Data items

((

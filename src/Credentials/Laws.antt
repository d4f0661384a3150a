-- ===== src/Credentials/Laws.antt =====
-- The `credentialsFile` text and the plugin images.
use oadp_operator.Prelude.{◌≡◌, refl, some, none}
use oadp_operator.Prelude.Text.{trim_space, split}
use oadp_operator.Credentials.{secret_name_key_of}

tests :
    (secret_name_key_of " creds/cloud " ≡ some ("creds", "cloud"))
    × (secret_name_key_of "a/b/c" ≡ none)
    × (secret_name_key_of " " ≡ some ("", ""))
unfolding secret_name_key_of trim_space split
tests = (refl, refl, refl)
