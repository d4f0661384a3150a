-- ===== src/Dpt.antt =====
-- The DataProtectionTest: api/v1alpha1/dataprotectiontest_types.go, and the record `Lab` of every
-- call that its controller (internal/controller/dataprotectiontest_controller.go) and the cloud
-- providers (pkg/cloudprovider) make. Durations are integers of nanoseconds.
pub mod Size
pub mod Keys
pub mod Vendor
pub mod Providers
pub mod Upload
pub mod Snapshots
pub mod Kept
pub mod Controller
use oadp_operator.Prelude.{ℕ, String, Bool, List, Option, Dict}
use oadp_operator.Prelude.Int.{ℤ}
use oadp_operator.Api.{BslSpec, Secret}
use oadp_operator.Cluster.{Call, M}
use oadp_operator.Process.{SdkError}

pub record UploadConfig : Type 0 where
  pub file_size : String
  pub timeout : ℤ

pub record SnapshotConfig : Type 0 where
  pub snapshot_class : String
  pub timeout : ℤ
  pub claim : String
  pub claim_namespace : String

pub record UploadStatus : Type 0 where
  pub speed : ℤ
  pub duration : String
  pub is_success : Bool
  pub error_message : String

pub record SnapshotStatus : Type 0 where
  pub claim : String
  pub claim_namespace : String
  pub status : String
  pub ready_duration : String
  pub error_message : String

pub record Metadata : Type 0 where
  pub encryption : String
  pub versioning : String
  pub error_message : String

pub record TestStatus : Type 0 where
  pub phase : String
  pub last_tested : Option ℕ
  pub vendor : String
  pub metadata : Option Metadata
  pub upload : UploadStatus
  pub snapshots : List SnapshotStatus
  pub summary : String
  pub error_message : String

pub record DataProtectionTest : Type 0 where
  pub name : String
  pub namespace : String
  pub location_name : String
  pub location_spec : Option BslSpec
  pub upload_config : Option UploadConfig
  pub snapshot_configs : List SnapshotConfig
  pub force_run : Bool
  pub status : TestStatus

-- cloudprovider.AzureCredentials
pub record AzureAccount : Type 0 where
  pub subscription_id : String
  pub tenant_id : String
  pub client_id : String
  pub client_secret : String
  pub resource_group : String
  pub account_name : String
  pub account_key : String
  pub certificate_path : String

-- The three implementations of CloudProvider: an AWS client with region, endpoint and the keys; a
-- GCP client with bucket and credentials; an Azure client with its credentials.
pub data Provider : Type 0 where
  aws_provider : String → String → String → String → Provider
  gcp_provider : String → String → Provider
  azure_provider : AzureAccount → Provider

-- The token credentials of azidentity.
pub data TokenCredential : Type 0 where
  by_secret : String → String → String → TokenCredential
  by_certificate : String → String → String → TokenCredential
  by_default : TokenCredential

-- A VolumeSnapshot: name, namespace, and of its status whether it is there and ReadyToUse.
pub record VolumeSnapshot : Type 0 where
  pub name : String
  pub namespace : String
  pub status : Option (Option Bool)

pub record Lab : Type 1 where
  pub World : Type 0
  -- strings.ToUpper, strings.ToLower, strings.EqualFold
  pub to_upper : String → String
  pub to_lower : String → String
  pub is_equal_fold : String → String → Bool
  -- strconv.ParseFloat, times the number, as an int64; none is the error
  pub scale : String → ℕ → Option ℤ
  -- int64(float64(bytes * 8) / seconds / 1000000), of the bytes and the duration
  pub megabits_per_second : ℤ → ℕ → ℤ
  -- Truncate and String of a duration, to milliseconds and to seconds
  pub show_milliseconds : ℕ → String
  pub show_seconds : ℕ → String
  pub now : World → ℕ
  -- namespace, name
  pub get_test : String → String → Call World DataProtectionTest
  -- Status().Update
  pub update_test_status : DataProtectionTest → Call World (Unit {0})
  -- Patch of spec.forceRun to false
  pub reset_force_run : String → String → Call World (Unit {0})
  -- retry.RetryOnConflict(retry.DefaultRetry, …)
  pub retry_on_conflict : M World (Unit {0}) → M World (Unit {0})
  pub get_bsl_spec : String → String → Call World BslSpec
  -- none is a secret whose Data is nil
  pub get_provider_data : String → String → Call World (Option Dict)
  -- http.NewRequest of HEAD: its error; and the headers of the answer
  pub is_request_valid : String → Bool
  pub send_head : String → Call World (String → String)
  -- storage.NewClient of GCP
  pub open_gcp : String → String → Call World (Unit {0})
  -- session.NewSession and s3.New; an error of the session panics
  pub is_aws_session_valid : String → String → Bool
  -- the Azure SDK: the shared key, the token credential, the client
  pub open_azure_shared_key : String → String → Call World (Unit {0})
  pub open_azure_credential : TokenCredential → Call World (Unit {0})
  pub open_azure_client : String → TokenCredential → Call World (Unit {0})
  -- the upload of so many bytes with a timeout: bucket, size, timeout
  pub put_object : Provider → String → ℤ → ℤ → Call World (Unit {0})
  -- AWS: GetBucketVersioning and GetBucketEncryption (the default algorithm of each rule)
  pub aws_versioning : Provider → String → Call World (Option String)
  pub aws_encryption : Provider → String → World → (Option SdkError × List (Option String)) × World
  -- GCP: the name of the default key, and whether versioning is enabled
  pub gcp_attributes : Provider → String → Call World (String × Bool)
  -- Azure: IsVersioningEnabled, and the KeySource of the encryption
  pub azure_versioning : AzureAccount → TokenCredential → Call World (Option Bool)
  pub azure_key_source : AzureAccount → TokenCredential → Call World (Option String)
  -- Create of a VolumeSnapshot: claim, namespace, class, test
  pub create_snapshot : String → String → String → String → Call World VolumeSnapshot
  pub get_snapshot : String → String → Call World VolumeSnapshot
  -- what happens until a timer ticks, and how many ticks of 2 seconds come before a timeout
  pub elapse : World → World
  pub ticks_before : ℤ → ℕ
  -- which goroutine goes on, of so many
  pub pick : World → ℕ → ℕ
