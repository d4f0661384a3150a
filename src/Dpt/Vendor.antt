-- ===== src/Dpt/Vendor.antt =====
-- determineVendor of dataprotectiontest_controller.go.
use oadp_operator.Prelude.{
  String, Bool, ◌&&◌, ◌||◌, ◌==◌, ◌!=◌, [], ◌∷◌, Option, none, some, index, if◌then◌else◌,
}
use oadp_operator.Prelude.Text.{append, contains_text}
use oadp_operator.Api.{BslSpec}
use oadp_operator.Cluster.{success, failure, attempt, M, ◌>>=◌, pure, raise, about}
use oadp_operator.Dpt.{Lab}

-- The headers of the answer.
pub record Headers : Type 0 where
  pub server : String
  pub amz_request : String
  pub minio_region : String
  pub rgw_request : String

abbrev is_aws : Headers → Bool
is_aws h = contains_text h.server "amazon" || (h.amz_request != "" && h.minio_region == "")

abbrev is_minio : Headers → Bool
is_minio h = contains_text h.server "minio" || h.minio_region != ""

abbrev is_ceph : Headers → Bool
is_ceph h = contains_text h.server "ceph" || h.rgw_request != ""

-- The switch over the headers.
unfoldable pub vendor_of : Headers → String
vendor_of h =
    if is_aws h
    then "AWS"
    else if is_minio h
    then "MinIO"
    else if is_ceph h
    then "Ceph"
    else if h.server != ""
    then h.server
    else "Unknown"

abbrev pub or_default : String → String → String
or_default text default = if text == "" then default else text

module _ (c : Lab) where
  -- The URL that is asked; it is empty where there is none.
  unfoldable pub s3_url_of : BslSpec → String
  s3_url_of spec =
      let url = index "s3Url" spec.config in
      if url == "" && c.is_equal_fold spec.provider "aws"
      then append "https://s3."
          (append (or_default (index "region" spec.config) "us-east-1") ".amazonaws.com")
      else url

  unfoldable pub headers_of : (String → String) → Headers
  headers_of get = record {
    server = c.to_lower (get "Server");
    amz_request = get "x-amz-request-id";
    minio_region = get "x-minio-region";
    rgw_request = get "x-rgw-request-id";
  }

  -- The new vendor; `none` leaves the status as it is.
  unfoldable pub determine_vendor : BslSpec → M c.World (Option String)
  unfolding vendor_of s3_url_of headers_of
  determine_vendor spec =
      let url = s3_url_of spec in
      if url == ""
      then pure none
      else if c.is_request_valid url
      then (attempt (c.send_head url) >>= λ r. elim r [
        | success get ↦ pure (some (vendor_of (headers_of get)))
        | failure e ↦ raise (about "HEAD request failed" (url ∷ []))
      ])
      else raise (about "failed to create HEAD request" (url ∷ []))
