-- ===== src/Dpt/Keys.antt =====
-- pkg/utils/credentials.go: the secret of a provider and the AWS keys in it. The lines of the
-- secret are a list; `rest` is `lines[i+1:]`. getMatchedKeyValue is that of registry.go, with its
-- error dropped.
use oadp_operator.Prelude.{
  String, ◌&&◌, ◌||◌, ◌==◌, ◌!=◌, List, [], ◌∷◌, Option, none, some, Dict, lookup, if◌then◌else◌,
}
use oadp_operator.Prelude.Text.{split, trim_space, trim_brackets, has_brackets, has_whole_word}
use oadp_operator.Cluster.{about, call, M, ◌>>=◌, pure, raise}
use oadp_operator.Registry.{replace_carriage_return}
use oadp_operator.Registry.KeyValue.{bare_value}
use oadp_operator.Dpt.{Lab}

-- The access key and the secret key.
abbrev pub Pair : Type 0
Pair = String × String

-- The loop over the lines of the profile; another line ends it.
unfoldable pub read_pair : List String → Pair → Pair
read_pair [] keys = keys
read_pair (line ∷ rest) keys =
    let later = read_pair rest in
    if trim_space line == ""
    then later keys
    else if has_whole_word line "aws_access_key_id"
    then later (bare_value "aws_access_key_id" line, keys.1)
    else if has_whole_word line "aws_secret_access_key"
    then later (keys.0, bare_value "aws_secret_access_key" line)
    else keys

-- The loop over the lines: the keys of the first profile of that name, if there is one.
unfoldable pub find_pair : String → List String → Option Pair
unfolding read_pair
find_pair profile [] = none
find_pair profile (line ∷ rest) =
    let later = find_pair profile rest in
    if trim_space line != ""
      && has_brackets (trim_space line)
      && trim_brackets (trim_space line) == profile
    then some (read_pair rest ("", ""))
    else later

-- What is checked behind the loop.
unfoldable pub checked_pair : String → Option Pair → Option Pair
checked_pair profile none = none
checked_pair profile (some keys) =
    if profile == "" || keys.0 == "" || keys.1 == "" then none else some keys

-- ParseAWSSecret of the text under the key; `none` is its error.
unfoldable pub parse_aws_keys : String → String → Option Pair
unfolding find_pair checked_pair
parse_aws_keys profile text = checked_pair profile (find_pair profile (split 10 text))

-- GetSecretField
unfoldable pub get_secret_field : Option Dict → String → Option String
get_secret_field none field = none
get_secret_field (some entries) field = lookup field entries

module _ (c : Lab) where
  -- GetProviderSecret: its Data.
  unfoldable pub get_provider_data : String → String → M c.World Dict
  get_provider_data name namespace = call (c.get_provider_data namespace name) >>= λ entries.
      elim entries [
        | none ↦ raise (about "secret has no data" (name ∷ []))
        | some data_of ↦ pure (replace_carriage_return data_of)
      ]
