-- ===== src/Dpt/Providers.antt =====
-- initializeProvider of dataprotectiontest_controller.go with the constructors of
-- pkg/cloudprovider.
use oadp_operator.Prelude.{
  String, ◌&&◌, ◌==◌, ◌!=◌, [], ◌∷◌, Option, none, some, Dict, lookup, index, find, if◌then◌else◌,
}
use oadp_operator.Prelude.Text.{append, contains_text}
use oadp_operator.Api.{BslSpec}
use oadp_operator.Cluster.{message, about, call, M, ◌>>=◌, ◌>>◌, pure, raise, crash}
use oadp_operator.Dpt.{
  Lab, Provider, aws_provider, gcp_provider, azure_provider, AzureAccount, TokenCredential,
  by_secret, by_certificate, by_default,
}
use oadp_operator.Dpt.Keys.{get_provider_data, parse_aws_keys}
use oadp_operator.Dpt.Vendor.{or_default}

unfoldable pub parse_azure_credentials : Dict → AzureAccount
parse_azure_credentials entries = record {
  subscription_id = index "AZURE_SUBSCRIPTION_ID" (some entries);
  tenant_id = index "AZURE_TENANT_ID" (some entries);
  client_id = index "AZURE_CLIENT_ID" (some entries);
  client_secret = index "AZURE_CLIENT_SECRET" (some entries);
  resource_group = index "AZURE_RESOURCE_GROUP" (some entries);
  account_name = index "AZURE_STORAGE_ACCOUNT_ID" (some entries);
  account_key = index "AZURE_STORAGE_ACCOUNT_ACCESS_KEY" (some entries);
  certificate_path = index "AZURE_CLIENT_CERTIFICATE_PATH" (some entries);
}

-- The credential of a token, where there is no account key.
unfoldable pub token_credential : AzureAccount → TokenCredential
token_credential creds =
    if creds.client_secret != ""
    then by_secret creds.tenant_id creds.client_id creds.client_secret
    else if creds.certificate_path != ""
    then by_certificate creds.tenant_id creds.client_id creds.certificate_path
    else by_default

abbrev pub service_url : AzureAccount → String
service_url creds = append "https://" (append creds.account_name ".blob.core.windows.net/")

-- An S3 URL of AWS itself is ignored.
unfoldable pub endpoint_of : Dict → String
endpoint_of config =
    let url = index "s3Url" (some config) in
    if url != "" && contains_text url "amazonaws.com" then "" else url

unfoldable pub profile_name : Option Dict → String
profile_name config = elim (find "profile" config) [ none ↦ "default" | some value ↦ value ]

-- The bucket of the object storage; it is empty where there is none.
unfoldable pub bucket_name : BslSpec → String
bucket_name spec = elim spec.object_storage [ none ↦ "" | some storage ↦ storage.bucket ]

module _ (c : Lab) where
  unfoldable pub new_aws_provider : String → String → String → String → M c.World Provider
  new_aws_provider region endpoint access_key secret_key =
      if c.is_aws_session_valid region endpoint
      then pure (aws_provider region endpoint access_key secret_key)
      else crash

  unfoldable pub new_gcp_provider : String → String → M c.World Provider
  new_gcp_provider bucket credentials =
      call (c.open_gcp bucket credentials) >> pure (gcp_provider bucket credentials)

  unfoldable pub new_azure_provider : AzureAccount → M c.World Provider
  unfolding token_credential
  new_azure_provider creds =
      if creds.account_key != ""
      then call (c.open_azure_shared_key creds.account_name creds.account_key)
        >> pure (azure_provider creds)
      else call (c.open_azure_credential (token_credential creds))
        >> call (c.open_azure_client (service_url creds) (token_credential creds))
        >> pure (azure_provider creds)

  unfoldable pub initialize_aws_provider : String → BslSpec → M c.World Provider
  unfolding get_provider_data new_aws_provider profile_name endpoint_of
  initialize_aws_provider namespace spec = elim spec.credential [
    | none ↦ raise (message "AWS credential is required but not specified")
    | some credential ↦ get_provider_data c credential.name namespace >>= λ entries.
        elim (parse_aws_keys (profile_name spec.config) (index credential.key (some entries))) [
          | none ↦ raise (message "failed to parse AWS secret")
          | some keys ↦ elim spec.config [
            | none ↦ raise (message "backupLocationSpec.Config is nil")
            | some config ↦
                new_aws_provider (or_default (index "region" (some config)) "us-east-1")
                  (endpoint_of config) keys.0 keys.1
          ]
        ]
  ]

  unfoldable pub initialize_gcp_provider : String → BslSpec → M c.World Provider
  unfolding get_provider_data new_gcp_provider bucket_name
  initialize_gcp_provider namespace spec = elim spec.credential [
    | none ↦ raise (message "GCP credential is required but not specified")
    | some credential ↦ get_provider_data c credential.name namespace >>= λ entries.
        elim (lookup credential.key entries) [
          | none ↦ raise (about "credential key not found" (credential.key ∷ credential.name ∷ []))
          | some credentials ↦
              if credentials == ""
              then raise (about "credentials JSON is empty" (credential.name ∷ []))
              else if bucket_name spec == ""
              then raise (message "bucket name is required for GCP provider")
              else new_gcp_provider (bucket_name spec) credentials
        ]
  ]

  unfoldable pub initialize_azure_provider : String → BslSpec → M c.World Provider
  unfolding get_provider_data parse_azure_credentials new_azure_provider
  initialize_azure_provider namespace spec = elim spec.credential [
    | none ↦ raise (message "Azure credential is required but not specified")
    | some credential ↦ get_provider_data c credential.name namespace >>= λ entries.
        new_azure_provider (parse_azure_credentials entries)
  ]

  unfoldable pub initialize_provider : String → BslSpec → M c.World Provider
  unfolding initialize_aws_provider initialize_gcp_provider initialize_azure_provider
  initialize_provider namespace spec =
      let name = c.to_lower spec.provider in
      if name == "aws"
      then initialize_aws_provider namespace spec
      else if name == "gcp"
      then initialize_gcp_provider namespace spec
      else if name == "azure"
      then initialize_azure_provider namespace spec
      else raise (about "unsupported cloud provider" (name ∷ []))
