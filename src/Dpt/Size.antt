-- ===== src/Dpt/Size.antt =====
-- ParseFileSize of pkg/utils/parse.go; a text of a size is in upper case when it gets to the units.
use oadp_operator.Prelude.{ℕ, String, List, [], ◌∷◌, Option, none, some}
use oadp_operator.Prelude.Int.{ℤ}
use oadp_operator.Prelude.Text.{strip_suffix, trim_space}
use oadp_operator.Dpt.{Lab}

-- `some (some n)` is a size, `some none` an invalid number, `none` no unit.
abbrev pub Parse : Type 0
Parse = Option (Option ℤ)

abbrev pub units : List (String × ℕ)
units =
    ("TIB", 1099511627776)
    ∷ ("TB", 1099511627776)
    ∷ ("GIB", 1073741824)
    ∷ ("GB", 1073741824)
    ∷ ("MIB", 1048576)
    ∷ ("MB", 1048576)
    ∷ ("KIB", 1024)
    ∷ ("KB", 1024)
    ∷ ("B", 1)
    ∷ []

module _ (c : Lab) where
  -- The loop over the units: the first that the text ends with.
  unfoldable pub parse_unit : List (String × ℕ) → String → Parse
  parse_unit [] text = none
  parse_unit ((suffix, unit) ∷ rest) text =
      let later = parse_unit rest text in
      elim (strip_suffix text suffix) [ none ↦ later | some number ↦ some (c.scale number unit) ]

  unfoldable pub parse_file_size : String → Parse
  unfolding parse_unit
  parse_file_size text = parse_unit units (trim_space (c.to_upper text))
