-- ===== src/Dpt/Upload.antt =====
-- UploadTest and GetBucketMetadata of pkg/cloudprovider, and runUploadTest of
-- dataprotectiontest_controller.go.
pub mod Bounded
use oadp_operator.Prelude.{
  ◌≡◌, ℕ, zero, suc, ◌-◌, String, Bool, true, false, not, ◌&&◌, ◌||◌, ◌==◌, ◌!=◌, List, [], ◌∷◌,
  Option, none, some, if◌then◌else◌,
}
use oadp_operator.Prelude.Int.{ℤ, pos, negsuc, leb_ℤ, ltb_ℤ}
use oadp_operator.Api.{BslSpec}
use oadp_operator.Cluster.{
  Attempt, success, failure, attempt, call, Error, message, about, api, M, ◌>>=◌, ◌>>◌, pure, raise,
  crash, done,
}
use oadp_operator.Process.{SdkError, coded, plain}
use oadp_operator.Dpt.{
  Lab, UploadConfig, UploadStatus, Metadata, Provider, aws_provider, gcp_provider, azure_provider,
  AzureAccount, TokenCredential, by_default,
}
use oadp_operator.Dpt.Size.{parse_file_size}
use oadp_operator.Dpt.Providers.{token_credential, bucket_name}

-- 200 MB
abbrev pub max_test_size_bytes : ℤ
max_test_size_bytes = pos 209715200

-- 30 seconds, where no timeout is given
unfoldable pub upload_timeout : ℤ → ℤ
upload_timeout (pos zero) = pos 30000000000
upload_timeout (pos (suc n)) = pos (suc n)
upload_timeout (negsuc n) = negsuc n

-- The speed, the duration and the error.
pub record Measured : Type 0 where
  pub speed : ℤ
  pub duration : ℕ
  pub error : Option Error

abbrev pub refused_size : Error → Measured
refused_size e = record { speed = pos 0; duration = 0; error = some e }

-- An upload that fails has a duration, except for GCP.
abbrev failed_duration : Provider → ℕ → ℕ
failed_duration (aws_provider region endpoint access secret) n = n
failed_duration (gcp_provider bucket credentials) n = 0
failed_duration (azure_provider creds) n = n

module _ (c : Lab) where
  abbrev time : M c.World ℕ
  time s = done (c.now s.world) s

  -- The upload of a payload of this size. A negative size cannot be allocated.
  unfoldable pub upload_sized : Provider → UploadConfig → String → ℤ → M c.World Measured
  unfolding upload_timeout
  upload_sized provider config bucket size =
      if ltb_ℤ max_test_size_bytes size
      then pure (refused_size (message "test file size exceeds max allowed"))
      else if ltb_ℤ size (pos 0)
      then crash
      else (time >>= λ start.
          attempt (c.put_object provider bucket size (upload_timeout config.timeout)) >>= λ r.
          time >>= λ end. elim r [
            | success u ↦ pure (record {
              speed = c.megabits_per_second size (end - start);
              duration = end - start;
              error = none;
            })
            | failure e ↦ pure (record {
              speed = pos 0;
              duration = failed_duration provider (end - start);
              error = some (api e);
            })
          ])

  unfoldable pub upload_test : Provider → UploadConfig → String → M c.World Measured
  unfolding upload_sized
  upload_test provider config bucket = elim (parse_file_size c config.file_size) [
    | none ↦ pure (refused_size (message "unrecognized file size unit"))
    | some o ↦ elim o [
      | none ↦ pure (refused_size (message "invalid number in file size"))
      | some size ↦ upload_sized provider config bucket size
    ]
  ]

  unfoldable pub upload_status : Measured → UploadStatus
  upload_status m = record {
    speed = elim m.error [ none ↦ m.speed | some e ↦ pos 0 ];
    duration = c.show_milliseconds m.duration;
    is_success = elim m.error [ none ↦ true | some e ↦ false ];
    error_message = elim m.error [ none ↦ "" | some e ↦ "upload test failed" ];
  }

  -- The new status; `none` where the test is not made.
  unfoldable pub run_upload_test :
      Option UploadConfig → BslSpec → Provider → M c.World (Option UploadStatus)
  unfolding upload_test upload_status
  run_upload_test none spec provider = pure none
  run_upload_test (some config) spec provider =
      if bucket_name spec == ""
      then pure none
      else upload_test provider config (bucket_name spec) >>= λ m. pure (some (upload_status m))

  unfoldable pub aws_encryption_of : Option SdkError → List (Option String) → M c.World String
  aws_encryption_of (some (coded code text)) rules =
      if code == "ServerSideEncryptionConfigurationNotFoundError"
      then pure "None"
      else raise (about text (code ∷ []))
  aws_encryption_of (some (plain text)) rules = raise (message text)
  aws_encryption_of none [] = pure "None"
  aws_encryption_of none (none ∷ rules) = pure "Unknown"
  aws_encryption_of none (some algorithm ∷ rules) = pure algorithm

  abbrev ask_encryption : Provider → String → M c.World (Option SdkError × List (Option String))
  ask_encryption provider bucket s =
      let reply = c.aws_encryption provider bucket s.world in
      done reply.0 (record s { world = reply.1 })

  -- The token credential of the metadata, which is another one where there is an account key.
  unfoldable pub metadata_credential : AzureAccount → TokenCredential
  metadata_credential creds = if creds.account_key != "" then by_default else token_credential creds

  unfoldable pub aws_metadata : Provider → String → M c.World Metadata
  unfolding aws_encryption_of
  aws_metadata provider bucket = call (c.aws_versioning provider bucket) >>= λ status.
      ask_encryption provider bucket >>= λ reply. aws_encryption_of reply.0 reply.1 >>= λ algorithm.
      pure (record {
        encryption = algorithm;
        versioning = elim status [ none ↦ "None" | some text ↦ text ];
        error_message = "";
      })

  unfoldable pub gcp_metadata : Provider → String → M c.World Metadata
  gcp_metadata provider bucket = call (c.gcp_attributes provider bucket) >>= λ attributes.
      pure (record {
        encryption = if attributes.0 != "" then "google-kms" else "google-managed";
        versioning = if attributes.1 then "Enabled" else "Suspended";
        error_message = "";
      })

  unfoldable pub azure_metadata : AzureAccount → M c.World Metadata
  unfolding metadata_credential
  azure_metadata creds = call (c.open_azure_credential (metadata_credential creds)) >>= λ u.
      call (c.azure_versioning creds (metadata_credential creds)) >>= λ enabled.
      call (c.azure_key_source creds (metadata_credential creds)) >>= λ source. pure (record {
        encryption = elim source [ none ↦ "Unknown" | some text ↦ text ];
        versioning = elim enabled [
          | none ↦ "Disabled"
          | some b ↦ if b then "Enabled" else "Disabled"
        ];
        error_message = "";
      })

  unfoldable pub get_bucket_metadata : Provider → String → M c.World Metadata
  unfolding aws_metadata gcp_metadata azure_metadata
  get_bucket_metadata (aws_provider region endpoint access secret) bucket =
      aws_metadata (aws_provider region endpoint access secret) bucket
  get_bucket_metadata (gcp_provider of_bucket credentials) bucket =
      gcp_metadata (gcp_provider of_bucket credentials) bucket
  get_bucket_metadata (azure_provider creds) bucket = azure_metadata creds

))

Required action.
Using the records above, restate word for word the lines from the one with "then h.server" through the one with "(vendor_of (headers_of get)))", both included.

Output.
    then h.server
    else "Unknown"

abbrev pub or_default : String → String → String
or_default text default = if text == "" then default else text

module _ (c : Lab) where
  -- The URL that is asked; it is empty where there is none.
  unfoldable pub s3_url_of : BslSpec → String
  s3_url_of spec =
      let url = index "s3Url" spec.config in
      if url == "" && c.is_equal_fold spec.provider "aws"
      then append "https://s3."
          (append (or_default (index "region" spec.config) "us-east-1") ".amazonaws.com")
      else url

  unfoldable pub headers_of : (String → String) → Headers
  headers_of get = record {
    server = c.to_lower (get "Server");
    amz_request = get "x-amz-request-id";
    minio_region = get "x-minio-region";
    rgw_request = get "x-rgw-request-id";
  }

  -- The new vendor; `none` leaves the status as it is.
  unfoldable pub determine_vendor : BslSpec → M c.World (Option String)
  unfolding vendor_of s3_url_of headers_of
  determine_vendor spec =
      let url = s3_url_of spec in
      if url == ""
      then pure none
      else if c.is_request_valid url
      then (attempt (c.send_head url) >>= λ r. elim r [
        | success get ↦ pure (some (vendor_of (headers_of get)))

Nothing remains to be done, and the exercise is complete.